DATA RECORDS.
-------------------------

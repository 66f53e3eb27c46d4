-- ===== src/Prelude/Text.antt =====
-- Texts as Python orders and tests them: by code points.
use Prim.Native.Nat.{ℕ, zero, suc}
use Prim.Native.Char.{code}
use Prim.Native.String.{String, ◌++◌ as text_append}
use text.Mathlib.Text.{◌==◌}
use text.Mathlib.TextEquality.{eq_iff}
use mathlib.Core.Path.{◌≡◌, refl, sym, ap, ◌∙◌}
use mathlib.Core.Logic.{◌↔◌}
use mathlib.Core.Bool.{Bool, true, false, ◌||◌, ◌&&◌}
use mathlib.Core.List.{List, [], ◌∷◌}
use mathlib.Core.List.{◌++◌, append-nil, append_assoc}
use mathlib.Core.Option.{Option, none, some}
use native.Mathlib.Omega.{arith}
use mini_ai_cloud.Prelude.Tests.{if◌then◌else◌, leb, ◌==◌ as eqb}
use mini_ai_cloud.Prelude.Lists.{all}
use mini_ai_cloud.Prelude.Order.{Order, on, by_list, by_nat}
pub use Prim.Native.String.{String}

abbrev pub codes : String → List ℕ
codes String.[] = []
codes (String.◌∷◌ c s) = code c ∷ codes s

abbrev pub by_text : Order String
by_text = on codes (by_list by_nat)

infix 50 ◌===◌
abbrev pub ◌===◌ : String → String → Bool
s === t = s == t

-- `==` on values that may be `None`.
abbrev pub same_text : Option String → Option String → Bool
same_text none none = true
same_text none (some t) = false
same_text (some s) none = false
same_text (some s) (some t) = s == t

pub same_text_iff : (s t : Option String) → (same_text s t ≡ true) ↔ (s ≡ t)
same_text_iff none none = (λ h. refl, λ h. refl)
same_text_iff none (some t) = (λ h. cc, λ h. cc)
same_text_iff (some s) none = (λ h. cc, λ h. cc)
same_text_iff (some s) (some t) = ground (arith, eq_iff s t)

-- `s + t`
abbrev pub concat : String → String → String
concat s t = text_append s t

-- A `dict` with texts for keys, in the order in which the keys came.
abbrev pub Dict {ℓ} : Type ℓ → Type ℓ
Dict V = List (String × V)

module _ {ℓ} {V : Type ℓ} where
  -- `d.get(key)`
  unfoldable pub lookup : String → Dict V → Option V
  lookup key [] = none
  lookup key (entry ∷ rest) = if entry.0 == key then some entry.1 else lookup key rest

  -- `d[key] = value`
  unfoldable pub insert : String → V → Dict V → Dict V
  insert key value [] = (key, value) ∷ []
  insert key value (entry ∷ rest) =
      if entry.0 == key then (entry.0, value) ∷ rest else entry ∷ insert key value rest

  -- A write is read back under its key, and leaves the other keys alone.
  pub lookup-insert :
      (d : Dict V) (key value_key : String) (value : V)
      → lookup key (insert value_key value d)
        ≡ (if value_key == key then some value else lookup key d)
  unfolding lookup insert
  lookup-insert [] key at value = refl
  lookup-insert (entry ∷ rest) key at value =
      ground (
        arith,
        lookup-insert rest key at value,
        eq_iff entry.0 at,
        eq_iff entry.0 key,
        eq_iff at key,
      )

  -- `{key: value for ...}`: the entries are written one after the other.
  unfoldable pub write_all : Dict V → List (String × V) → Dict V
  write_all d [] = d
  write_all d (entry ∷ entries) = write_all (insert entry.0 entry.1 d) entries

  abbrev pub is_key : String → Dict V → Bool
  is_key key [] = false
  is_key key (entry ∷ rest) = entry.0 == key || is_key key rest

  -- No key is written twice.
  abbrev pub HasDistinctKeys : List (String × V) → Type 0
  HasDistinctKeys [] = Unit
  HasDistinctKeys (entry ∷ rest) = (is_key entry.0 rest ≡ false) × HasDistinctKeys rest

  insert_new :
      (d : Dict V) (key : String) (value : V)
      → is_key key d ≡ false
      → insert key value d ≡ d ++ (key, value) ∷ []
  unfolding insert
  insert_new [] key value h = refl
  insert_new (entry ∷ rest) key value h = ground (arith, insert_new rest key value)

  is_key-append :
      (d e : Dict V) (key : String) → is_key key (d ++ e) ≡ (is_key key d || is_key key e)
  is_key-append [] e key = refl
  is_key-append (entry ∷ rest) e key = ground (arith, is_key-append rest e key)

  -- No entry's key is among those of `d`.
  abbrev AllNew : Dict V → List (String × V) → Type 0
  AllNew d [] = Unit
  AllNew d (entry ∷ rest) = (is_key entry.0 d ≡ false) × AllNew d rest

  AllNew-append :
      (d : Dict V) (key : String) (value : V) (entries : List (String × V))
      → AllNew d entries
      → is_key key entries ≡ false
      → AllNew (d ++ (key, value) ∷ []) entries
  AllNew-append d key value [] h n = tt
  AllNew-append d key value (entry ∷ rest) h n = ground (
    arith,
    is_key-append d ((key, value) ∷ []) entry.0,
    AllNew-append d key value rest h.1,
    eq_iff key entry.0,
    eq_iff entry.0 key,
  )

  write_all-append :
      (d : Dict V) (entries : List (String × V))
      → AllNew d entries
      → HasDistinctKeys entries
      → write_all d entries ≡ d ++ entries
  unfolding write_all
  write_all-append d [] h n = sym (append-nil d)
  write_all-append d (entry ∷ rest) h n =
      ap (λ e. write_all e rest) (insert_new d entry.0 entry.1 h.0)
      ∙ write_all-append (d ++ (entry.0, entry.1) ∷ []) rest
          (AllNew-append d entry.0 entry.1 rest h.1 n.0) n.1
      ∙ append_assoc d ((entry.0, entry.1) ∷ []) rest

  AllNew-nil : (entries : List (String × V)) → AllNew [] entries
  AllNew-nil [] = tt
  AllNew-nil (entry ∷ rest) = (refl, AllNew-nil rest)

  pub write_all-distinct :
      (entries : List (String × V)) → HasDistinctKeys entries → write_all [] entries ≡ entries
  write_all-distinct entries n = write_all-append [] entries (AllNew-nil entries) n

-- The characters that `str.strip` takes off.
is_space : ℕ → Bool
is_space c =
    (leb 9 c && leb c 13)
    || (leb 28 c && leb c 32)
    || eqb c 133
    || eqb c 160
    || eqb c 5760
    || (leb 8192 c && leb c 8202)
    || eqb c 8232
    || eqb c 8233
    || eqb c 8239
    || eqb c 8287
    || eqb c 12_288

-- `not s.strip()`
unfoldable pub is_blank : String → Bool
unfolding is_space
is_blank s = all is_space (codes s)

-- `s.lstrip()`, `s.rstrip()` and `s.strip()`
unfoldable pub lstrip : String → String
unfolding is_space
lstrip String.[] = String.[]
lstrip (String.◌∷◌ c s) = let rest = lstrip s in if is_space (code c) then rest else String.◌∷◌ c s

abbrev pub is_empty_text : String → Bool
is_empty_text String.[] = true
is_empty_text (String.◌∷◌ c s) = false

unfoldable pub rstrip : String → String
unfolding is_space
rstrip String.[] = String.[]
rstrip (String.◌∷◌ c s) =
    let rest = rstrip s in
    if is_empty_text rest && is_space (code c) then String.[] else String.◌∷◌ c rest

unfoldable pub strip : String → String
unfolding lstrip rstrip
strip s = rstrip (lstrip s)

-- `s[:n]`
unfoldable pub take_text : ℕ → String → String
take_text zero s = String.[]
take_text (suc n) String.[] = String.[]
take_text (suc n) (String.◌∷◌ c s) = String.◌∷◌ c (take_text n s)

-------------------------

WHAT THE EXERCISE ASKS.
Identify each line in the records above that contains the word "Type", and copy it out in full.

SOLUTION TO THE PROBLEM.
abbrev pub Dict {ℓ} : Type ℓ → Type ℓ
module _ {ℓ} {V : Type ℓ} where
  abbrev pub HasDistinctKeys : List (String × V) → Type 0
  abbrev AllNew : Dict V → List (String × V) → Type 0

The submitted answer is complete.